South Georgians attend Bio-fuels 101 -, South Georgia News, Weather, Sports

South Georgians attend Bio-fuels 101

May 7, 2008

Albany--  Could Georgia be a key in reducing gas prices? After a few days of slightly declining prices, they're back up near record levels again now. Drivers say something has to be done. Research engineers say the solution lies in the alternatives to gas.  

It's hard to believe it's actually a bargain but drivers in Tifton waited in line for gas at $3.48 a gallon Wednesday. It's sllightly cheaper gas but it still adds up quickly.

"$48.57 for 13 gallons," said Jack Daughtry after a fill-up.

Drivers like Daughtry are frustrated. "Looks like they're just taking advantage of us sometimes," said Daughtry. And he's looking for solutions to the rising gas prices. "They're tough," said Daughtry.

A solution may have been on a screen at Abraham Baldwin Agricultural College Wednesday evening. A room full of people gathered in a classroom for a lesson in bio-fuels.

"When you talk about bio-fuels, you're talking about any energy you can produce from crops, agricultural residues, even animal waste products," said Daniel Geller.

Their teacher for the night was Daniel Geller, a research engineer with the University of Georgia in Athens who says the bio-diesel technology has been around since the 1980's. It's getting more attention now. Last year, 400 million gallons were produced and is available at more than 300 stations nationwide, about 10 in Georgia.

"They call Georgia the potential Saudi Arabia of the South when it comes to bio-mass," said Geller.

But the technology hasn't evolved without some opposition. Some opponents are against ethanol which most often is made from corn. They say the production is driving up food prices. "I just read a study today that only about 4 percent of the increase in the price in food is due to corn in ethanol," said Geller.

Supporters say the final product will help reduce the U.S. dependence on foreign oils and Geller says Georgia can lead the way towards that goal with all kinds of materials.

"I think ideally what we'll see next is paper waste, wood waste, and corn stover, cotton stalks, all those things going in to produce all these bio-fuels," said Geller.

As the numbers at the gas pump continue to roll, drivers like Daughtry hope something helps to stop them. "We have to watch our pennies in order to keep going," said Daughtry.

Bio-fuels could be one answer to the growing problem but both the remedy and the ailment continue to emerge.

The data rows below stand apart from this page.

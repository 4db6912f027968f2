-- ===== src/Workloads.antt =====
-- The programs of workloads/durability_tests, which run on a mounted file system.
pub mod Reorder
pub mod Recorded
pub mod Fib
pub mod Checkpoint
pub mod Lines
pub mod Durable
pub mod Throughout
pub mod Recovers
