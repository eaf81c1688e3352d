-- ===== src/StateStore/Claim/Once.antt =====
-- Over any sequence of claims an operation is allowed at most once (ues/state_store.py).
use universal_execution_syst.Prelude.{
  ℕ, suc, ◌≤◌, String, ◌≡◌, refl, true, false, Bool, List, [], ◌∷◌, inl, inr, Bool-cases, arith,
  ◌&&◌, ◌==◌, eq_iff, if◌then◌else◌, ◌≢◌, subst, sym,
}
use universal_execution_syst.Runtime.{Runtime}
use universal_execution_syst.StateStore.Interface.{StateStore, OperationLaws}
use universal_execution_syst.StateStore.Gate.{ClaimRequest}
use universal_execution_syst.StateStore.Claim.{claim_operation}
use universal_execution_syst.StateStore.Claim.Keeps.{Blocked, claim-Leaves}
use universal_execution_syst.StateStore.Claim.Refused.{is_allowed, Blocked-refused}
use universal_execution_syst.StateStore.Claim.Secures.{allowed-Blocked}

module _ {S : Type 0} (rt : Runtime) (store : StateStore S) (k : String) where
  abbrev pub is_allowed_for : ClaimRequest → S → Bool
  is_allowed_for q s = q.operation_key == k && is_allowed (claim_operation rt store q s).0

  -- How many of the claims, made one after the other, are allowed for the operation `k`.
  unfoldable pub allowed_count : List ClaimRequest → S → ℕ
  allowed_count [] s = 0
  allowed_count (q ∷ qs) s =
      let rest = allowed_count qs (claim_operation rt store q s).1 in
      if is_allowed_for q s then suc rest else rest

  module _ (laws : OperationLaws store) where
    other_Blocked :
        (q : ClaimRequest) (s : S)
        → q.operation_key ≢ k
        → Blocked k (store.read_operation k s)
        → Blocked k (store.read_operation k (claim_operation rt store q s).1)
    other_Blocked q s ne b = subst (Blocked k) (sym ((claim-Leaves store laws k rt q ne).at s)) b

    same_step :
        (q : ClaimRequest) (s : S)
        → q.operation_key ≡ k
        → Blocked k (store.read_operation k s)
        → (is_allowed (claim_operation rt store q s).0 ≡ false)
          × ((claim_operation rt store q s).1 ≡ s)
    same_step q s e b =
        Blocked-refused rt store q s (subst (λ j. Blocked j (store.read_operation j s)) (sym e) b)

    -- A claim, of whatever operation, keeps a blocked record blocked and is not allowed for it.
    pub Blocked-step :
        (q : ClaimRequest) (s : S)
        → Blocked k (store.read_operation k s)
        → (is_allowed_for q s ≡ false)
          × Blocked k (store.read_operation k (claim_operation rt store q s).1)
    Blocked-step q s b = elim (Bool-cases (q.operation_key == k)) [
      | inl e ↦
          let (refused, kept) = same_step q s ((eq_iff q.operation_key k).0 e) b in
          (rw (e, refused), rw kept b)
      | inr e ↦ (rw e, other_Blocked q s (λ p. cc (e, (eq_iff q.operation_key k).1 p)) b)
    ]

    Blocked-none :
        (qs : List ClaimRequest) (s : S)
        → Blocked k (store.read_operation k s)
        → allowed_count qs s ≡ 0
    unfolding allowed_count
    Blocked-none [] s b = refl
    Blocked-none (q ∷ qs) s b =
        let (no_claim, still) = Blocked-step q s b in
        rw no_claim (Blocked-none qs (claim_operation rt store q s).1 still)

    pub allowed_step :
        (q : ClaimRequest) (s : S)
        → is_allowed_for q s ≡ true
        → Blocked k (store.read_operation k (claim_operation rt store q s).1)
    allowed_step q s h =
        let e : q.operation_key ≡ k = (eq_iff q.operation_key k).0 (ground (arith, h)) in
        subst (λ j. Blocked j (store.read_operation j (claim_operation rt store q s).1)) e
          (allowed-Blocked rt store laws q s (ground (arith, h)))

    -- In a store that keeps the laws of operation records, of any claims made one after the other,
    -- by any owners, on any lanes, in any modes and with any grants, at most one is allowed for one
    -- operation.
    pub allowed_at_most_once : (claims : List ClaimRequest) (s : S) → allowed_count claims s ≤ 1
    unfolding allowed_count
    allowed_at_most_once [] s = omega arith
    allowed_at_most_once (q ∷ qs) s = elim (Bool-cases (is_allowed_for q s)) [
      | inl e ↦
          rw (e, Blocked-none qs (claim_operation rt store q s).1 (allowed_step q s e))
            (omega arith)
      | inr e ↦ rw e (allowed_at_most_once qs (claim_operation rt store q s).1)
    ]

Several other community education sessions are scheduled throughout the month. One will be held Thursday at the Ag Center in Camilla at 7 p.m. Another will be held in Americus on May 22nd. In August, Tifton will host a national bio-fuels conference.

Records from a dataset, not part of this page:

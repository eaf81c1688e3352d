-- ===== src/StateStore/File/Lanes.antt =====
-- What the lane's methods of the file store leave as it is: whatever a write of a lane and the taking of
-- a lease do not change.
use universal_execution_syst.Prelude.{
  ℕ, String, ◌≡◌, refl, inl, inr, Option, none, some, ◌==◌, Bool-cases,
}
use universal_execution_syst.Prelude.Results.{Result, ok, raise}
use universal_execution_syst.Prelude.Execs.{Exec}
use universal_execution_syst.Runtime.{Runtime}
use universal_execution_syst.Idempotency.Effect.{required_text}
use universal_execution_syst.StateStore.Model.{
  WorkstreamRuntimeRecord, Lease, LeaseAcquireResult, StateRead,
}
use universal_execution_syst.StateStore.Document.{FileStore}
use universal_execution_syst.StateStore.File.{
  swap_workstream, compare_and_swap_workstream, take_lease, acquire_lease, release_lease,
  finish_workstream, finish_lease, at_lane, give_back_lease, give_back, release_after,
}

-- What both of them keep.
pub record LanesKeep {X : Type 0} (rt : Runtime) (see : FileStore → X) : Type 0 where
  pub swap_keeps :
      (lane : String) (v : ℕ) (r : WorkstreamRuntimeRecord) (s s' : FileStore)
      → swap_workstream rt lane v r s ≡ ok s'
      → see s' ≡ see s
  pub take_keeps :
      (lane owner op : String) (ttl now : ℕ) (s s' : FileStore) (l : LeaseAcquireResult)
      → take_lease rt lane owner op ttl now s ≡ ok (l, s')
      → see s' ≡ see s

module _ {X : Type 0} (rt : Runtime) (see : FileStore → X) (keep : LanesKeep rt see) where
  finish_keeps :
      (lane : String) (s : FileStore) (m : Result FileStore)
      → ((s' : FileStore) → m ≡ ok s' → see s' ≡ see s)
      → see (finish_workstream rt lane s m).1 ≡ see s
  finish_keeps lane s (ok s') h = h s' refl
  finish_keeps lane s (raise e) h = refl

  at_lane_keeps :
      {A : Type 0} (m : Result String) (f : String → Exec FileStore A) (s : FileStore)
      → ((l : String) → see (f l s).1 ≡ see s)
      → see (at_lane rt m f s).1 ≡ see s
  at_lane_keeps (ok l) f s h = h l
  at_lane_keeps (raise e) f s h = refl

  pub cas_workstream_keeps :
      (lane : String) (v : ℕ) (r : WorkstreamRuntimeRecord) (s : FileStore)
      → see (compare_and_swap_workstream rt lane v r s).1 ≡ see s
  unfolding compare_and_swap_workstream
  cas_workstream_keeps lane v r s =
      at_lane_keeps (required_text lane) _ s
        (λ l. finish_keeps l s _ (λ s' e. keep.swap_keeps l v r s s' e))

  finish_lease_keeps :
      (s : FileStore) (m : Result (LeaseAcquireResult × FileStore))
      → ((l : LeaseAcquireResult) (s' : FileStore) → m ≡ ok (l, s') → see s' ≡ see s)
      → see (finish_lease rt s m).1 ≡ see s
  finish_lease_keeps s (ok (l, s')) h = h l s' refl
  finish_lease_keeps s (raise e) h = refl

  pub acquire_keeps :
      (lane owner op : String) (ttl now : ℕ) (s : FileStore)
      → see (acquire_lease rt lane owner op ttl now s).1 ≡ see s
  unfolding acquire_lease
  acquire_keeps lane owner op ttl now s =
      at_lane_keeps (required_text lane) _ s
        (λ l. finish_lease_keeps s _ (λ a s' e. keep.take_keeps l owner op ttl now s s' a e))

  give_back_lease_keeps :
      (lane : String) (read : StateRead) (now : ℕ) (r : WorkstreamRuntimeRecord) (l : Option Lease)
      (id : String) (s : FileStore)
      → see (give_back_lease rt lane read now r l id s).1 ≡ see s
  give_back_lease_keeps lane read now r none id s = refl
  give_back_lease_keeps lane read now r (some l) id s = elim (Bool-cases (l.lease_id == id)) [
    | inl e ↦ rw e (cas_workstream_keeps lane read.version _ s)
    | inr e ↦ rw e
  ]

  give_back_keeps :
      (lane : String) (read : StateRead) (now : ℕ) (o : Option WorkstreamRuntimeRecord)
      (id : String) (s : FileStore)
      → see (give_back rt lane read now o id s).1 ≡ see s
  give_back_keeps lane read now none id s = refl
  give_back_keeps lane read now (some r) id s = give_back_lease_keeps lane read now r r.lease id s

  release_after_keeps :
      (lane id : String) (now : ℕ) (m : Result StateRead) (s : FileStore)
      → see (release_after rt lane id now m s).1 ≡ see s
  release_after_keeps lane id now (ok read) s = give_back_keeps lane read now _ id s
  release_after_keeps lane id now (raise e) s = refl

  pub release_keeps :
      (lane id : String) (now : ℕ) (s : FileStore) → see (release_lease rt lane id now s).1 ≡ see s
  unfolding release_lease
  release_keeps lane id now s = release_after_keeps lane id now _ s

A couple of area colleges will play a pivotal role in the emerging bio-energy technology. Beginning this Fall, ABAC and Georgia Southwestern will expand their joint Bachelor of Business Administration degree program.

Students will be able to major in Resource Management and choose Bioenergy and Renewable Resource Business as a concentration.

ABAC also got more than $102,000 in funding from the University System of Georgia Intellectual Capital Partnership Program to provide education like the event Wednesday evening and to help create bio-energy industry jobs.

"We are on the ground. We are in the middle of Georgia's vibrant, agricultural area. We crank lots of students through here and this thing is a mutually beneficial program to everybody," said ABAC President David Bridges.

Other concentrations for the new BBA major are Agribusiness, Forestry and Wildlife Business and Turfgrass Business.